Today, software functionality is delivered on a subscription-based model, in the same way as content services. So it seems only natural that vendors should provide both software and content. Large companies buy demographic and credit information to enrich their customer data, small companies collect email addresses; everyone needs their target audience, as well as customers, within their marketing platform.
This integration could be achieved by mergers & acquisitions (M&A) or partnerships and the high valuations enjoyed by marketing software companies will affect the outcomes.
MERGER & ACQUISITION ACTIVITY
LinkedIn has stepped up efforts to offer a comprehensive B2B marketing platform with its recent agreement to acquire Bizo for $175m. Bizo offers technology and products that enable measurable display and social advertising programs. With a headcount of around 150, it is likely that revenue was less than $30m. LinkedIn believes the market for B2B marketing services is a $50bn opportunity.

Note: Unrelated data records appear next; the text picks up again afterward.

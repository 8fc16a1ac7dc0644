-- ===== src/Cpu/Handlers.antt =====
-- src/isr_ps2.S and src/isr_faults.S: what runs before and after the C code of a handler, and before
-- that of a fault. The C code leaves the stack as it finds it, and may leave anything in the registers.
use bloreos.Base.{ℕ, ◌<◌, ◌^◌, ◌≡◌, ◌≢◌, refl, List, [], ◌∷◌, some, update, u16, arith}
use bloreos.Cpu.{
  Machine, Instr, push, pop, mov_from, mov_to, cld, mov_number, es, ds, df, step, run,
}
use bloreos.Cpu.Saved.{saved_words, restored_regs, restored_lem}

-- ISR_Handler_PS2 up to the call of _handle_keyboard.
unfoldable pub ps2_entry : List Instr
ps2_entry =
    push 15
    ∷ push 14
    ∷ push 13
    ∷ push 12
    ∷ push 11
    ∷ push 10
    ∷ push 9
    ∷ push 8
    ∷ push 5
    ∷ push 7
    ∷ push 6
    ∷ push 2
    ∷ push 1
    ∷ push 3
    ∷ push 0
    ∷ mov_from es 0
    ∷ push 0
    ∷ mov_from ds 0
    ∷ push 0
    ∷ cld
    ∷ []

-- From the call up to iretq.
unfoldable pub ps2_exit : List Instr
ps2_exit =
    pop 0
    ∷ mov_to 0 ds
    ∷ pop 0
    ∷ mov_to 0 es
    ∷ pop 0
    ∷ pop 3
    ∷ pop 1
    ∷ pop 2
    ∷ pop 6
    ∷ pop 7
    ∷ pop 5
    ∷ pop 8
    ∷ pop 9
    ∷ pop 10
    ∷ pop 11
    ∷ pop 12
    ∷ pop 13
    ∷ pop 14
    ∷ pop 15
    ∷ []

-- THUNK num up to the call of _handle_fault, after which it stops; rdi is register 7.
unfoldable pub interrupt_thunk : ℕ → List Instr
interrupt_thunk num = mov_number num 7 ∷ cld ∷ []

-- The keyboard's handler calls the C code with the direction flag clear, and after it, whatever it left
-- in the registers, brings back every register but the stack pointer and leaves on the stack exactly
-- the frame that iretq pops.
pub ps2_exit-ps2_entry :
    (m : Machine) (scratch : ℕ → ℕ)
    → m.regs es < 2 ^ 16
    → m.regs ds < 2 ^ 16
    → (saved : Machine) × (restored : Machine) × (run ps2_entry m ≡ some saved)
      × (saved.regs df ≡ 0)
      × (run ps2_exit (record saved { regs = scratch }) ≡ some restored)
      × (restored.stack ≡ m.stack)
      × ((r : ℕ) → r < 18 → r ≢ 4 → restored.regs r ≡ m.regs r)
unfolding run step ps2_entry ps2_exit
ps2_exit-ps2_entry m scratch segment data_segment = (
  record {
    regs = update (update (update m.regs 0 (u16 (m.regs es))) 0 (u16 (m.regs ds))) df 0;
    stack = saved_words m.regs m.stack;
  },
  record { regs = restored_regs m.regs scratch; stack = m.stack },
  refl,
  refl,
  refl,
  refl,
  λ r small other. restored_lem m.regs scratch r segment data_segment small other,
)

-- The code of a fault hands the number of the vector to _handle_fault, with the direction flag clear,
-- and leaves the stack and the other registers alone.
pub interrupt_thunk-vector :
    (num : ℕ) (m : Machine)
    → (m' : Machine) × (run (interrupt_thunk num) m ≡ some m')
      × (m'.regs 7 ≡ num)
      × (m'.regs df ≡ 0)
      × (m'.stack ≡ m.stack)
      × ((r : ℕ) → r ≢ 7 → r ≢ df → m'.regs r ≡ m.regs r)
unfolding run step interrupt_thunk
interrupt_thunk-vector num m = (
  record m { regs = update (update m.regs 7 num) df 0 },
  refl,
  refl,
  refl,
  refl,
  λ r other flag. ground arith,
)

Social relationship platform, Sprinklr, has announced the acquisition of social media agency, TBG Digital. Together they will provide large brands with a converged social media solution. While merging a social media agency with a marketing automation platform will significantly increase revenue, it will reduce the market capitalization/trailing twelve months (TTM) revenue multiple. I believe the market could also be left confused about what the company actually does. To add to this confusion, Sprinklr acquired professional services business, Dachis, earlier this year, further reducing the TTM revenue multiple that investors/buyers will be prepared to pay for the business.

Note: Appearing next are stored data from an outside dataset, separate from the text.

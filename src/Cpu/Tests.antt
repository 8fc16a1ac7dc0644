-- ===== src/Cpu/Tests.antt =====
-- A machine whose registers hold their own numbers.
use bloreos.Cpu.Handlers.{ps2_entry, ps2_exit, ps2_exit-ps2_entry}
use bloreos.Base.{ℕ, ◌<◌, ◌≡◌, ◌≢◌, refl, [], ◌∷◌, some, arith}
use bloreos.Cpu.{Machine, df, run, isr_save, isr_restore}
use bloreos.Cpu.Saved.{isr_restore-isr_save}

abbrev numbered : Machine
numbered = record { regs = λ r. r; stack = 77 ∷ 78 ∷ [] }

isr_restore-isr_save_example :
    (saved : Machine) × (restored : Machine) × (run isr_save numbered ≡ some saved)
    × (run isr_restore (record saved { regs = λ r. 0 }) ≡ some restored)
    × (restored.stack ≡ 78 ∷ [])
    × ((r : ℕ) → r < 18 → r ≢ 4 → restored.regs r ≡ numbered.regs r)
isr_restore-isr_save_example =
    isr_restore-isr_save numbered (λ r. 0) 77 (78 ∷ []) refl (omega arith) (omega arith)

ps2_exit-ps2_entry_example :
    (saved : Machine) × (restored : Machine) × (run ps2_entry numbered ≡ some saved)
    × (saved.regs df ≡ 0)
    × (run ps2_exit (record saved { regs = λ r. 0 }) ≡ some restored)
    × (restored.stack ≡ 77 ∷ 78 ∷ [])
    × ((r : ℕ) → r < 18 → r ≢ 4 → restored.regs r ≡ numbered.regs r)
ps2_exit-ps2_entry_example = ps2_exit-ps2_entry numbered (λ r. 0) (omega arith) (omega arith)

This flurry of mergers and acquisitions raises a number of questions: “Does the merger of content and software technology provide new exit opportunities for young, fast growing software companies such as Falcon Social?” Will we see more content publishers buying software companies, or will software companies look to buy content publishers?
CONTENT PUBLISHERS ARE UNLIKELY BUYERS
Generally, large public content publishers aren’t as highly valued as young, fast growing technology companies. A recent Bulger Partners report, Marketing Technology Overview, shows that in recent M&A transactions the typical valuations of marketing technology vendors were 5x TTM revenue. This is high in comparison to most public market valuations.
Public content publishers find it very difficult to acquire companies that are valued on a higher revenue or EBITDA multiple than themselves. It produces a dilution of value that isn’t acceptable to shareholders. As a consequence, it is unlikely that traditional media companies will be able to buy young marketing technology businesses with expectations of high revenue multiples. Are commercial partnerships a possibility?
PARTNERSHIPS MORE LIKELY THAN M&A
As social media continues to gain momentum, companies need to link social profiles with individuals’ true identities, credit histories and commercial information. Most software companies prefer to use external data sources, rather than build their own, as this removes the need to collect and manage content themselves. There are many recent examples of commercial partnerships, particularly with social networks that have access to a wealth of data and can be used to distribute marketing information.
Consumer research company Nielsen provides data ranging from what people watch on television to what they buy in stores. Apparently, Nielsen has extended its partnership with Facebook. As more people watch TV on their mobile devices, Facebook will track its users’ mobile viewing habits and send information on what they watch, their age and gender to Nielsen.
LinkedIn has commercial partnerships with SalesForce and Microsoft Dynamics to provide access to LinkedIn profiles within their CRM systems. For CRM vendors, accessing LinkedIn data is extremely desirable for targeting B2B, as it is the world’s largest professional network on the internet with more than 300 million members worldwide.
I believe partnerships between young technology businesses and information providers, rather than mergers and acquisitions, are more likely because M&A only provides access to one information source. Young technology companies need to partner with multiple content providers so they don’t limit their market opportunity. Working in partnership with a number of information sources that have a large market share offers greater potential to boost sales by increasing the number of relevant customers to sell to.
While technology is changing at a rapid pace, it is doubtful that the M&A landscape is going to change. Content publishers aren’t valued highly enough to snap up fast growing technology companies. Of course, there are always exceptions, such as LinkedIn and Google. LinkedIn trades with a TTM revenue multiple over 11 and while Google only has a 2x multiple, it has over $60bn cash at its disposal.